Не доходя десяти шагов до дверей ее конторы, я вдруг безумно захотела надеть цепочку с золотой корзинкой. Это же не цирк, тут никто не знает про кражу. И так обидно было бы целый день проносить в сумке эти десятки тысяч рублей! Конечно, от сознания, что вот иду я, не красавица, не генеральская дочка, но вот в этом пакете с полуоторванной ручкой у меня целое состояние, тоже было здорово приятно, но мне хотелось большего. Чтобы вот было так — иду я, в кофтенке своей простенькой, в старой джинсовой юбке, в курточке летней, а на шее — блестяшка такая махонькая. И никто из прохожих не подумает, что это бриллианты. Но вот ударит солнце, они загорятся, и кто-нибудь наверняка остолбенеет.

Я прямо на прилавке закрытого газетного ларька выкопала из пакета цепочку с корзинкой и надела ее.

Дальше я шла как королева. Чушь какая-то — оказывается, эти побрякушки здорово меняют походку…

Светка первым делом уставилась на корзинку.

— Это у тебя что такое? — спросила она.

— Так, в цирке дали поносить.

— Ишь ты, играют… Юлька! Это же совсем как бриллианты!

— Это и есть бриллианты, — спокойно ответила я. — Мне одна заслуженная артистка дала выпендриться. На пару дней.

— Юлька… — прошептала Светка. — Юлька, я знаю, что мы сделаем с этими бриллиантами!

И тут мне стало страшно.

— Пошли лучше обедать, — торопливо сказала я. — Бриллианты все равно завтра возвращать. Ничего ты с ними не сделаешь.
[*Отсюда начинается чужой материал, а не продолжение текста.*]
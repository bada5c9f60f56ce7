-- ===== src/Examples/Store.antt =====
-- Calls of the store on one zone.
use lamund.Store.Rows.{insert_record}
use lamund.Store.Zones.{list_dns_zones, add_dns_record, clean_name}
use lamund.Dns.Types.{DnsZone}
use lamund.Prelude.{
  ◌≡◌, refl, Option, none, some, List, [], ◌∷◌, Bytes, codes, beq, lower, trim_space, trim_suffix,
  has_suffix,
}
use lamund.Store.Conn.{query, exec, begin, Conn, ok, err, engine}
use lamund.Store.Conn.Transaction.{Closed}
use lamund.Store.Tables.{order_by, Tables}
use lamund.Store.Zones.Changes.{Command, create, remove, add, apply, change_of}
use lamund.Store.Zones.Atomic.{apply-Closed}
use lamund.Store.Zones.Runs.{run, run-IsSound}
use lamund.Store.Zones.Sound.{IsSound}
use lamund.Store.Lookup.{label_of, best_zone, find_dns_zone_for_domain}
use lamund.Store.Lookup.Longest.{IsFound, find_dns_zone_for_domain-IsFound}
use lamund.Examples.Tables.{shop_zone, row, rows, quiet, third_fails}

abbrev call : Command
call = add (row 0 (codes " Blog") (codes "a") (codes "10.0.0.1"))

-- The refused statement is the update of the serial number; the insertion before it is undone.
undone_insert : ((apply call third_fails).0 ≡ err engine) × ((apply call third_fails).1.db ≡ rows)
unfolding apply add_dns_record begin exec insert_record
undone_insert = (refl, refl)

apply-Closed_example : Closed rows (change_of call rows) third_fails (apply call third_fails)
apply-Closed_example = apply-Closed call third_fails refl

abbrev empty : Tables
empty = record rows { zones = []; records = [] }

abbrev fresh : Conn Tables
fresh = record third_fails { db = empty }

abbrev calls : List Command
calls = create shop_zone ∷ create shop_zone ∷ call ∷ remove (codes "toko.id") ∷ []

run-IsSound_example : ((run calls fresh).undo ≡ none) × IsSound (run calls fresh).db
run-IsSound_example = run-IsSound calls fresh refl (tt, tt, tt, tt)

find_dns_zone_for_domain-IsFound_example :
    (o : Option (DnsZone × Bytes)) × ((find_dns_zone_for_domain (codes "Blog.Toko.id") quiet).0
      ≡ ok o)
    × IsFound (clean_name (codes "Blog.Toko.id")) rows.zones o
    × ((find_dns_zone_for_domain (codes "Blog.Toko.id") quiet).1.db ≡ rows)
find_dns_zone_for_domain-IsFound_example =
    find_dns_zone_for_domain-IsFound (codes "Blog.Toko.id") quiet refl

blog_label :
    (find_dns_zone_for_domain (codes "Blog.Toko.id") quiet).0 ≡ ok (some (shop_zone, codes "blog"))
unfolding find_dns_zone_for_domain list_dns_zones query best_zone order_by beq clean_name lower
    trim_space has_suffix label_of trim_suffix
blog_label = refl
— Сделаю! — воскликнула она. — Становись в очередь, возьми мне гуляш с гречкой и компот. А я побежала!

И она действительно побежала. Вернулась она, когда гуляш уже остыл, а я доедала ореховый крем. Конечно, мне крем противопоказан, но настроение из-за корзинки было безумно праздничное, и я решила, что раз в жизни могу себя побаловать.

— Порядок! — доложила она. — Я сейчас звонила Алке. У нее есть бутылка шампанского. Сегодня сбудется вековая мечта человечества!
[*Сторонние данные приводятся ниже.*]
-- ===== src/Supervisor.antt =====
-- internal/runner/supervisor.go: the life of the supervised processes. Each part of a method that
-- holds the lock is one step; between them a process stands where its goroutine stands. Times are
-- numbers of nanoseconds. What a process runs, its log and its control group are left out.
pub mod Reach
pub mod Stop
use lamund.Prelude.{
  ℕ, ◌+◌, ◌-◌, Bool, true, false, not, ◌||◌, Option, none, some, List, [], ◌∷◌, ltb, ◌==◌,
  if◌then◌else◌, Bytes, beq, length, find, Map, lookup, insert, delete,
}

pub data RunState : Type 0 where
  stopped running crashed gave_up : RunState

-- Where the goroutine of a process is: in spawn before cmd.Start has returned, in cmd.Wait, in the
-- delay before a restart, or ended.
pub data Phase : Type 0 where
  spawning waiting sleeping ended : Phase

pub record Process : Type 0 where
  pub number : ℕ
  pub name : Bytes
  pub state : RunState
  pub restarts : ℕ
  pub started_at : ℕ
  pub stopping : Bool
  pub pid : Option ℕ
  pub phase : Phase

-- The map holds numbers of processes; a process that has left it may still run.
pub record Supervisor : Type 0 where
  pub procs : Map ℕ
  pub processes : List Process

abbrev pub stable : ℕ
stable = 10000000000

abbrev pub max_restarts : ℕ
max_restarts = 8

unfoldable pub new_supervisor : Supervisor
new_supervisor = record { procs = []; processes = [] }

-- A change of the process of a number.
unfoldable pub update : ℕ → (Process → Process) → List Process → List Process
update n f [] = []
update n f (p ∷ ps) = (if p.number == n then f p else p) ∷ update n f ps

abbrev pub on : ℕ → (Process → Process) → Supervisor → Supervisor
on n f s = record s { processes = update n f s.processes }

abbrev pub is_running : RunState → Bool
is_running running = true
is_running _ = false

abbrev pub runs : Option Process → Bool
runs none = false
runs (some p) = is_running p.state

abbrev find_process : Option ℕ → List Process → Option Process
find_process none ps = none
find_process (some n) ps = find (λ p. p.number == n) ps

unfoldable pub of_name : Bytes → Supervisor → Option Process
of_name name s = find_process (lookup name s.procs) s.processes

abbrev pub new_process : ℕ → Bytes → Process
new_process n name = record {
  number = n;
  name = name;
  state = stopped;
  restarts = 0;
  started_at = 0;
  stopping = false;
  pid = none;
  phase = spawning;
}

-- Start up to the call of spawn; the flag is whether the log could be opened.
unfoldable pub start : Bytes → Bool → Supervisor → Supervisor
start name log s = if runs (of_name name s) || not log then s else record {
  procs = insert name (length s.processes) s.procs;
  processes = new_process (length s.processes) name ∷ s.processes;
}

-- The end of spawn, where cmd.Start gave a process or an error.
unfoldable pub started : ℕ → ℕ → Process → Process
started pid now p = elim p.phase [
  | spawning ↦ record p {
    pid = some pid;
    state = running;
    started_at = now;
    stopping = false;
    phase = waiting;
  }
  | waiting ↦ p
  | sleeping ↦ p
  | ended ↦ p
]

unfoldable pub not_started : Process → Process
not_started p = elim p.phase [
  | spawning ↦ record p { state = crashed; phase = ended }
  | waiting ↦ p
  | sleeping ↦ p
  | ended ↦ p
]

-- The crash of a process that was not told to stop; `n` is the count with this one.
abbrev pub crash : ℕ → Process → Process
crash n p =
    if ltb max_restarts n
    then record p { restarts = n; state = gave_up; phase = ended }
    else record p { restarts = n; state = crashed; phase = sleeping }

abbrev pub count_of : ℕ → Process → ℕ
count_of now p = if ltb stable (now - p.started_at) then 1 else p.restarts + 1

-- wait, from the return of cmd.Wait to the delay
unfoldable pub exited : ℕ → Process → Process
exited now p = elim p.phase [
  | spawning ↦ p
  | waiting ↦
      if p.stopping then record p { state = stopped; phase = ended } else crash (count_of now p) p
  | sleeping ↦ p
  | ended ↦ p
]

-- wait behind the delay
unfoldable pub woke : Process → Process
woke p = elim p.phase [
  | spawning ↦ p
  | waiting ↦ p
  | sleeping ↦ record p { phase = if p.stopping then ended else spawning }
  | ended ↦ p
]

abbrev pub told : Process → Process
told p = record p { stopping = true }

abbrev on_named : Option ℕ → (Process → Process) → Supervisor → Supervisor
on_named none f s = s
on_named (some n) f s = on n f s

-- Stop; the signal makes the process exit later
unfoldable pub stop : Bytes → Supervisor → Supervisor
stop name s = on_named (lookup name s.procs) told s

-- Delete, and the removal in Restart
unfoldable pub forget : Bytes → Supervisor → Supervisor
forget name s = record s { procs = delete name s.procs }

abbrev moved : Option ℕ → Bytes → Bytes → Supervisor → Supervisor
moved none from to s = s
moved (some n) from to s = record {
  procs = insert to n (delete from s.procs);
  processes = update n (λ p. record p { name = to }) s.processes;
}

unfoldable pub rename : Bytes → Bytes → Supervisor → Supervisor
rename from to s = if beq from to then s else moved (lookup from s.procs) from to s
— Коммунизм, что ли, наступит? — поинтересовалась я, уже догадываясь, что она затеяла.

— Ага! Коммунизм! Юлька, — тут Светка взяла меня за руки, — ты только не бойся. Мы с Алкой все берем на себя. Ты только проглоти то мы для тебя разжуем, ладно? Понимаешь, Юлька? Это твой единственный шанс!

И она прикоснулась пальцем к золотой корзинке.

* * *

Я позвонила директору и принялась врать, что вот съела какую-то дрянь в соседней столовке, мне плохо, меня рвет, и можно я сегодня не вернусь на работу?

Оказалось, можно. Потому что — кому я такая дохлая нужна?

Светка потащила меня к себе домой, и мы устроили погром в их шкафу.

— Я знаю, что у тебя с твоей маманей пары приличных трусиков на двоих нет, — сказала Светка. — Не стыдись, ты в этом не виновата. Когда рожают детей, надо думать, во что их потом одевать.

Вообще-то она была права…

Мы подобрали мне трусики и лифчик из имущества Светкиной мамы. Правда, и то, и другое было маловато. Потом Светка выкупала меня и обработала импортным мылом и импортным шампунем. В довершение картины она закрутила мне волосы и сделала прическу, от которой сама пришла в недоумение. Наверно, мне гладкие волосы все же идут больше, чем эти ненормальные спирали.